DIRECTIONS:
Give back only the lines in the records below from the one with "List ℕ) where" to the one with "Compacted rb c", both inclusive, word for word.
□ □ □
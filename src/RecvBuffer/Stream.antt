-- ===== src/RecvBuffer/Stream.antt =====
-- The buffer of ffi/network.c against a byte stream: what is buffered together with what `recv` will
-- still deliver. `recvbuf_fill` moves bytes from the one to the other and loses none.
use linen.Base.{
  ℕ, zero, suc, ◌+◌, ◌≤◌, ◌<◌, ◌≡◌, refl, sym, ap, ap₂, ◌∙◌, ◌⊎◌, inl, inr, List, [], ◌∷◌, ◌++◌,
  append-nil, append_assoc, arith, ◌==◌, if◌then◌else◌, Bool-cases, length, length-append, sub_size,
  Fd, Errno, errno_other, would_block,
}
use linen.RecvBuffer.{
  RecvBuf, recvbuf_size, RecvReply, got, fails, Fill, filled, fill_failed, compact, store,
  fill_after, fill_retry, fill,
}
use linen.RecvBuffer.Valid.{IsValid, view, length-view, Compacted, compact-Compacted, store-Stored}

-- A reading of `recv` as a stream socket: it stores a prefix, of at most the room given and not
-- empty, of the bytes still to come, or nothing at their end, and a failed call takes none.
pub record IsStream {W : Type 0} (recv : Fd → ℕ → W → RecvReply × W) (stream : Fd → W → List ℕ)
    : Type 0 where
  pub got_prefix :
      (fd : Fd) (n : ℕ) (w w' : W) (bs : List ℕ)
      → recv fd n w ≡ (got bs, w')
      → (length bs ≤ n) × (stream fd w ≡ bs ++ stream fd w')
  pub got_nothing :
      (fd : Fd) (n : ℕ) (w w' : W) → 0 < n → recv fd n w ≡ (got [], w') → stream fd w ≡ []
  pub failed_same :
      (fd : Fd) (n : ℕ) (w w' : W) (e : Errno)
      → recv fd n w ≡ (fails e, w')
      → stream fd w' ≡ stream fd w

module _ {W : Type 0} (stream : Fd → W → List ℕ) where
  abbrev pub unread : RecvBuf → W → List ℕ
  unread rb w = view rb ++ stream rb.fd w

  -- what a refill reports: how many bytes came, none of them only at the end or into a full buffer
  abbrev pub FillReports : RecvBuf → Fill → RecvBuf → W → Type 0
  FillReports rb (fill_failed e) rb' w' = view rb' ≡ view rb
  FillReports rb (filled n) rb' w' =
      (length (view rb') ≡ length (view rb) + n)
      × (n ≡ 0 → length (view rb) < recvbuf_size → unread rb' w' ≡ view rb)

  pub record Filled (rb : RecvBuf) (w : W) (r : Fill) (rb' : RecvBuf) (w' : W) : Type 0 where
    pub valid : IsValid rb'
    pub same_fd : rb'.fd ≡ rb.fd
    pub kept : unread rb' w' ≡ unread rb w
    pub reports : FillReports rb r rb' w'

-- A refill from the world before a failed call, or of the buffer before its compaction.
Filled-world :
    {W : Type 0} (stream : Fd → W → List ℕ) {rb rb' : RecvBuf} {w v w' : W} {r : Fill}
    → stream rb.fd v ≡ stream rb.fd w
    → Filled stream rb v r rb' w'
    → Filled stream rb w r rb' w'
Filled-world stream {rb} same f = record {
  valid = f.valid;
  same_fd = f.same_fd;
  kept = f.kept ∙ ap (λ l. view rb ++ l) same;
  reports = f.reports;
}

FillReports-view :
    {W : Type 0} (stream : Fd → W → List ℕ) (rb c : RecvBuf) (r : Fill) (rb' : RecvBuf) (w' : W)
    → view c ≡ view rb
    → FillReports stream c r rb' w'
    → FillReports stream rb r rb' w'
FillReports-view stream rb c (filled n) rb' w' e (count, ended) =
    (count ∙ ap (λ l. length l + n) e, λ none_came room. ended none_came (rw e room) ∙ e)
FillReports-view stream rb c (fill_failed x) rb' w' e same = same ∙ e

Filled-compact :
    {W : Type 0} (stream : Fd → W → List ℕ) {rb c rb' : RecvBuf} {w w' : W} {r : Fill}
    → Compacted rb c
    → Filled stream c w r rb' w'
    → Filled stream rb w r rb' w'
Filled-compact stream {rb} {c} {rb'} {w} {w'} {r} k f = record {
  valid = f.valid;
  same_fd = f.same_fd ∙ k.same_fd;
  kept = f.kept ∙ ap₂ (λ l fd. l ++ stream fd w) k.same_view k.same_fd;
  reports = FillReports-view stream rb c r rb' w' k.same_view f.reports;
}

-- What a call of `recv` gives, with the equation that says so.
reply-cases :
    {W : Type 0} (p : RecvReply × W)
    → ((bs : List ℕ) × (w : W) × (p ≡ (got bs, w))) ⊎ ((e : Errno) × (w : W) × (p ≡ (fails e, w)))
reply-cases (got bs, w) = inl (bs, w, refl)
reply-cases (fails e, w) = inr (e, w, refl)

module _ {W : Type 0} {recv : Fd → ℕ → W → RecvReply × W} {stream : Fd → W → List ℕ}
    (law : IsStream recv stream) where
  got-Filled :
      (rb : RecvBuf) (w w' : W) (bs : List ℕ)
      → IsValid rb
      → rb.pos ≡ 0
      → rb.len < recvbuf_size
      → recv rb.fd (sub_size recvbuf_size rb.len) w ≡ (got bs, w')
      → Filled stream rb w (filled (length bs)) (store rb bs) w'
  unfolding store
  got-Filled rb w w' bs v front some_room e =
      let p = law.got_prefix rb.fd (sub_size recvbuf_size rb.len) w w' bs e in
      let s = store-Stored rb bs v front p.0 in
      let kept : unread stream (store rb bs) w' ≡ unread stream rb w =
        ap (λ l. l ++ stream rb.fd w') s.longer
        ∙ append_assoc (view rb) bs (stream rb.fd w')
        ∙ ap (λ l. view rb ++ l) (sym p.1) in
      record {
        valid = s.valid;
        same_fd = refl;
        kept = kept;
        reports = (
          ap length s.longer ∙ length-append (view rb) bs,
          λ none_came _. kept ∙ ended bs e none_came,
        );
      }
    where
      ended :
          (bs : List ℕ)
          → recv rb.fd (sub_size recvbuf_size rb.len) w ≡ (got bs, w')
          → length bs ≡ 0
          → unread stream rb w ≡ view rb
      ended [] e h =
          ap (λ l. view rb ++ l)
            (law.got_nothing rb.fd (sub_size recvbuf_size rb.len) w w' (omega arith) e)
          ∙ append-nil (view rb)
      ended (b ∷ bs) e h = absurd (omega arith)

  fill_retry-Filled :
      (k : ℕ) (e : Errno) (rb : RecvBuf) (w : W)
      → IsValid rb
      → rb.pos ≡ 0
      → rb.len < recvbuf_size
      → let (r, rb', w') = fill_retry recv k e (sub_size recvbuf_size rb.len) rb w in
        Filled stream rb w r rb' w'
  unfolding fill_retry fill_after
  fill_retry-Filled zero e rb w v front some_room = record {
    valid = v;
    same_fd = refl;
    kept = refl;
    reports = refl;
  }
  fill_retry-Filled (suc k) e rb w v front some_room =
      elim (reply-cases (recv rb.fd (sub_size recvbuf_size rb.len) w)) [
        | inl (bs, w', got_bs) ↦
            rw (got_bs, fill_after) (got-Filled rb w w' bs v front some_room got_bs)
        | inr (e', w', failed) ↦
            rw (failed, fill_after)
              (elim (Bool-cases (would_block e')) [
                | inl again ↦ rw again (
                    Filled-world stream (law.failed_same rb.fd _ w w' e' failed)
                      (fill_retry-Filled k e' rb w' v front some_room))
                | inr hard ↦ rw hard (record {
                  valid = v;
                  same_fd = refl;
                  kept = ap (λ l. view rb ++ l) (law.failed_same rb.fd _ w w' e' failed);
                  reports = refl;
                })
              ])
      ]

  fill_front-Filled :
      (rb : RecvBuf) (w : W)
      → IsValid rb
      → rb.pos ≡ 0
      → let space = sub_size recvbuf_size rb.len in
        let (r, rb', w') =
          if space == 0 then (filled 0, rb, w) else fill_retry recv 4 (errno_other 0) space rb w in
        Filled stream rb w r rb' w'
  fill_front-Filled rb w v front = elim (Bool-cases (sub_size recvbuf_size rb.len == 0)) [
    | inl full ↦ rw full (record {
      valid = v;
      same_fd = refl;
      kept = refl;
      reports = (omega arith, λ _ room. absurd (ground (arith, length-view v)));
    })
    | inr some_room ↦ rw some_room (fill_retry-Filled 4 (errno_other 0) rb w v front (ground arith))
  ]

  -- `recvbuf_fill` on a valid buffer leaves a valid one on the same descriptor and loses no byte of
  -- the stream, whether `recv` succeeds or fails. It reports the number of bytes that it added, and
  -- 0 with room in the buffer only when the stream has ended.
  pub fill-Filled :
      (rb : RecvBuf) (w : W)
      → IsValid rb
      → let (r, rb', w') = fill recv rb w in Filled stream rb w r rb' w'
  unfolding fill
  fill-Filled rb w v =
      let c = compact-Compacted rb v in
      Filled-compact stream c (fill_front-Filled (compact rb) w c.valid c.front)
□ □ □
ANSWER AREA:
module _ {W : Type 0} (stream : Fd → W → List ℕ) where
  abbrev pub unread : RecvBuf → W → List ℕ
  unread rb w = view rb ++ stream rb.fd w

  -- what a refill reports: how many bytes came, none of them only at the end or into a full buffer
  abbrev pub FillReports : RecvBuf → Fill → RecvBuf → W → Type 0
  FillReports rb (fill_failed e) rb' w' = view rb' ≡ view rb
  FillReports rb (filled n) rb' w' =
      (length (view rb') ≡ length (view rb) + n)
      × (n ≡ 0 → length (view rb) < recvbuf_size → unread rb' w' ≡ view rb)

  pub record Filled (rb : RecvBuf) (w : W) (r : Fill) (rb' : RecvBuf) (w' : W) : Type 0 where
    pub valid : IsValid rb'
    pub same_fd : rb'.fd ≡ rb.fd
    pub kept : unread rb' w' ≡ unread rb w
    pub reports : FillReports rb r rb' w'

-- A refill from the world before a failed call, or of the buffer before its compaction.
Filled-world :
    {W : Type 0} (stream : Fd → W → List ℕ) {rb rb' : RecvBuf} {w v w' : W} {r : Fill}
    → stream rb.fd v ≡ stream rb.fd w
    → Filled stream rb v r rb' w'
    → Filled stream rb w r rb' w'
Filled-world stream {rb} same f = record {
  valid = f.valid;
  same_fd = f.same_fd;
  kept = f.kept ∙ ap (λ l. view rb ++ l) same;
  reports = f.reports;
}

FillReports-view :
    {W : Type 0} (stream : Fd → W → List ℕ) (rb c : RecvBuf) (r : Fill) (rb' : RecvBuf) (w' : W)
    → view c ≡ view rb
    → FillReports stream c r rb' w'
    → FillReports stream rb r rb' w'
FillReports-view stream rb c (filled n) rb' w' e (count, ended) =
    (count ∙ ap (λ l. length l + n) e, λ none_came room. ended none_came (rw e room) ∙ e)
FillReports-view stream rb c (fill_failed x) rb' w' e same = same ∙ e

Filled-compact :
    {W : Type 0} (stream : Fd → W → List ℕ) {rb c rb' : RecvBuf} {w w' : W} {r : Fill}
    → Compacted rb c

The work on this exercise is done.